>>>>>

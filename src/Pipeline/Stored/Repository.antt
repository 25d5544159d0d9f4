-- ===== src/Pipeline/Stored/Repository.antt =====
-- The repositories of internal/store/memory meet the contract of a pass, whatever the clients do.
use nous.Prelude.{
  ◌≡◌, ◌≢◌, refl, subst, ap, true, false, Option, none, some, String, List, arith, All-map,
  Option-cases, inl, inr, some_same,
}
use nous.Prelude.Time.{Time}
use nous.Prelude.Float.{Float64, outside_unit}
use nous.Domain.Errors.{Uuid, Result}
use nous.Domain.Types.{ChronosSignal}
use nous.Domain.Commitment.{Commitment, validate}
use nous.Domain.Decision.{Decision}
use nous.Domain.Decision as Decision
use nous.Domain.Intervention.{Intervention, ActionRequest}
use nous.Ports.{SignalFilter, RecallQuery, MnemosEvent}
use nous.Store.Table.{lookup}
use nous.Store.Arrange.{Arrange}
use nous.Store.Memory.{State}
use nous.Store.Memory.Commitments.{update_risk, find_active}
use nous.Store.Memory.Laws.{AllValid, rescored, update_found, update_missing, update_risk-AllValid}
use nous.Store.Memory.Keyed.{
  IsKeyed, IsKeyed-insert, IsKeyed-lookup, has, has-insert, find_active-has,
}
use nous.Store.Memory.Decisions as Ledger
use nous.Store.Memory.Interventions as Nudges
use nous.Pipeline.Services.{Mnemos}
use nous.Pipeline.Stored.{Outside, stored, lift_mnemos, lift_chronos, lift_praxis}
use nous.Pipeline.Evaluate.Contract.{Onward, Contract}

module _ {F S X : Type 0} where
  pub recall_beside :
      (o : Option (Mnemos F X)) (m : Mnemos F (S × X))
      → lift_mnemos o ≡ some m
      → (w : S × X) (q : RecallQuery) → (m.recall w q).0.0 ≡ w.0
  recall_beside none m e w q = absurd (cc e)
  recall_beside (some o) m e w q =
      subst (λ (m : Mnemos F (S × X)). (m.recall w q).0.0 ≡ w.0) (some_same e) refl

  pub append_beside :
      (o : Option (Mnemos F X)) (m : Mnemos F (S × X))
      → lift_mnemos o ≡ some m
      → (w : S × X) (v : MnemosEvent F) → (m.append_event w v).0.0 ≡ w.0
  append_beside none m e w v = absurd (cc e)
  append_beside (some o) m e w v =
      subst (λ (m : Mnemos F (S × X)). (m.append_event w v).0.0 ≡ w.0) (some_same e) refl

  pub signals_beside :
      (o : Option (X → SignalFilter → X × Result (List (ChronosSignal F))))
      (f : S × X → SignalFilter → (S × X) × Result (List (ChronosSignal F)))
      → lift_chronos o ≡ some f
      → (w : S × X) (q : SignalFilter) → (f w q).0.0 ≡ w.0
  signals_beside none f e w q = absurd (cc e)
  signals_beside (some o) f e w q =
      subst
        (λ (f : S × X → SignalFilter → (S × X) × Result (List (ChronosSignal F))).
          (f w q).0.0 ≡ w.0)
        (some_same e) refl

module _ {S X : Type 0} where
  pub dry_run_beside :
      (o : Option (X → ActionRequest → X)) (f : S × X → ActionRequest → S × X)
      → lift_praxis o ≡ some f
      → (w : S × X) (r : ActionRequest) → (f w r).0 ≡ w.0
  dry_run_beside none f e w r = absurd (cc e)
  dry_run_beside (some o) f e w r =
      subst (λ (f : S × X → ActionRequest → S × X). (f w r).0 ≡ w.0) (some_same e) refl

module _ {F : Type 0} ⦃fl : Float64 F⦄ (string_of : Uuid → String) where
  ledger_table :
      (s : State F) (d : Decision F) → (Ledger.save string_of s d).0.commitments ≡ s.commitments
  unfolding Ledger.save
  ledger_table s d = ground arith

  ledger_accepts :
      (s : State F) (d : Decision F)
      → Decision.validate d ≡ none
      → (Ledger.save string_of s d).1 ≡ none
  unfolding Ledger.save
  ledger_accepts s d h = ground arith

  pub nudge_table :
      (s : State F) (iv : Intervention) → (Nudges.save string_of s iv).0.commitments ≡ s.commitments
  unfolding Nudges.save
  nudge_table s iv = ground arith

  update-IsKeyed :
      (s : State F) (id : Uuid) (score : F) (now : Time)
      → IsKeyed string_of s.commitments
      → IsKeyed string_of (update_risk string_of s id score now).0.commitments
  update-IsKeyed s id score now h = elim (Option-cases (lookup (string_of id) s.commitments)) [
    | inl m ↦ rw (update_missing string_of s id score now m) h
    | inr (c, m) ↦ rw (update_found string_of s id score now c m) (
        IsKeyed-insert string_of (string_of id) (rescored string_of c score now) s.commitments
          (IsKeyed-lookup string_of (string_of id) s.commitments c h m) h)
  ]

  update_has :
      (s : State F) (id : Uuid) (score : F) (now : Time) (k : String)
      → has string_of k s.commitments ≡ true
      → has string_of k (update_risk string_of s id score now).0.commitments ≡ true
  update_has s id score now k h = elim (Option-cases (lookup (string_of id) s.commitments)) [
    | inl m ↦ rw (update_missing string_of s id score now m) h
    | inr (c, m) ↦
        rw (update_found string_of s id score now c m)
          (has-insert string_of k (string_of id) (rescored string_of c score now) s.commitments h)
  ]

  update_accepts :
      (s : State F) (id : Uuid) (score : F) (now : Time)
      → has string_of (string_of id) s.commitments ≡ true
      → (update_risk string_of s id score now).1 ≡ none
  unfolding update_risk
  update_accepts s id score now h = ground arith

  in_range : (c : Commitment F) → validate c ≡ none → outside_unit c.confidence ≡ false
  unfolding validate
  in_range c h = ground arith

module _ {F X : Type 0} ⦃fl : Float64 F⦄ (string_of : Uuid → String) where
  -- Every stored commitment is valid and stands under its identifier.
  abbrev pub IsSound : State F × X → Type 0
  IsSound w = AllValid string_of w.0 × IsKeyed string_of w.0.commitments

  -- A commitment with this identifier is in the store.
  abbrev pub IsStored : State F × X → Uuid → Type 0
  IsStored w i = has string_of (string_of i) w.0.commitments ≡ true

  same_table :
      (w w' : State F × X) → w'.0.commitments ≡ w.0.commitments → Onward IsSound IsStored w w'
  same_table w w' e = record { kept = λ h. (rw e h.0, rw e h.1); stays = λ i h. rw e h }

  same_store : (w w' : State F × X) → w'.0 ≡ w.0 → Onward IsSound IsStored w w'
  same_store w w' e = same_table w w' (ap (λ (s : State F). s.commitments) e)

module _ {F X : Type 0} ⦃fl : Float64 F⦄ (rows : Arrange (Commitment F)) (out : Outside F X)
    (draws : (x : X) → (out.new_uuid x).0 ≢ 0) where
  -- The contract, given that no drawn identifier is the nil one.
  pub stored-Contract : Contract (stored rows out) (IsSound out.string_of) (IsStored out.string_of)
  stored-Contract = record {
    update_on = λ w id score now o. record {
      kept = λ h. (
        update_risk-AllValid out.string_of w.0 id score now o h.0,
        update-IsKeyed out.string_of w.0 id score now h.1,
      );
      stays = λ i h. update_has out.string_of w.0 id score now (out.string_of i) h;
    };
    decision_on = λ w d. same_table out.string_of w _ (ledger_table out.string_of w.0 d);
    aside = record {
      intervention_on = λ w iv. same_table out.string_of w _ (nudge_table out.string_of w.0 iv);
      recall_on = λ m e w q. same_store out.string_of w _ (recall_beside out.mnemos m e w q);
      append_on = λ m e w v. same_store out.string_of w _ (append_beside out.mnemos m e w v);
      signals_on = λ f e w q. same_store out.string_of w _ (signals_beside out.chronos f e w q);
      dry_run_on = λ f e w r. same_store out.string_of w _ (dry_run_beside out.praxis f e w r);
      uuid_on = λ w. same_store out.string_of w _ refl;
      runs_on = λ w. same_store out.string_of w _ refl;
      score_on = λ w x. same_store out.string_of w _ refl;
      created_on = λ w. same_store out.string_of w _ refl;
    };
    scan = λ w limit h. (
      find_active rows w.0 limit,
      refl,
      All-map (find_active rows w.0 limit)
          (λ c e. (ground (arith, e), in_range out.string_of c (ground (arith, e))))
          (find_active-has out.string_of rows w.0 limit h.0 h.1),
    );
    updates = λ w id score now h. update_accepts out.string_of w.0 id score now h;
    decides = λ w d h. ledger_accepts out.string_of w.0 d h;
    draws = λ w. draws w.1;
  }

<<<<<

◆ Task item: Work out how many lines in the records contain the word "AllValid", and give that number by itself.

◆ Task response: 3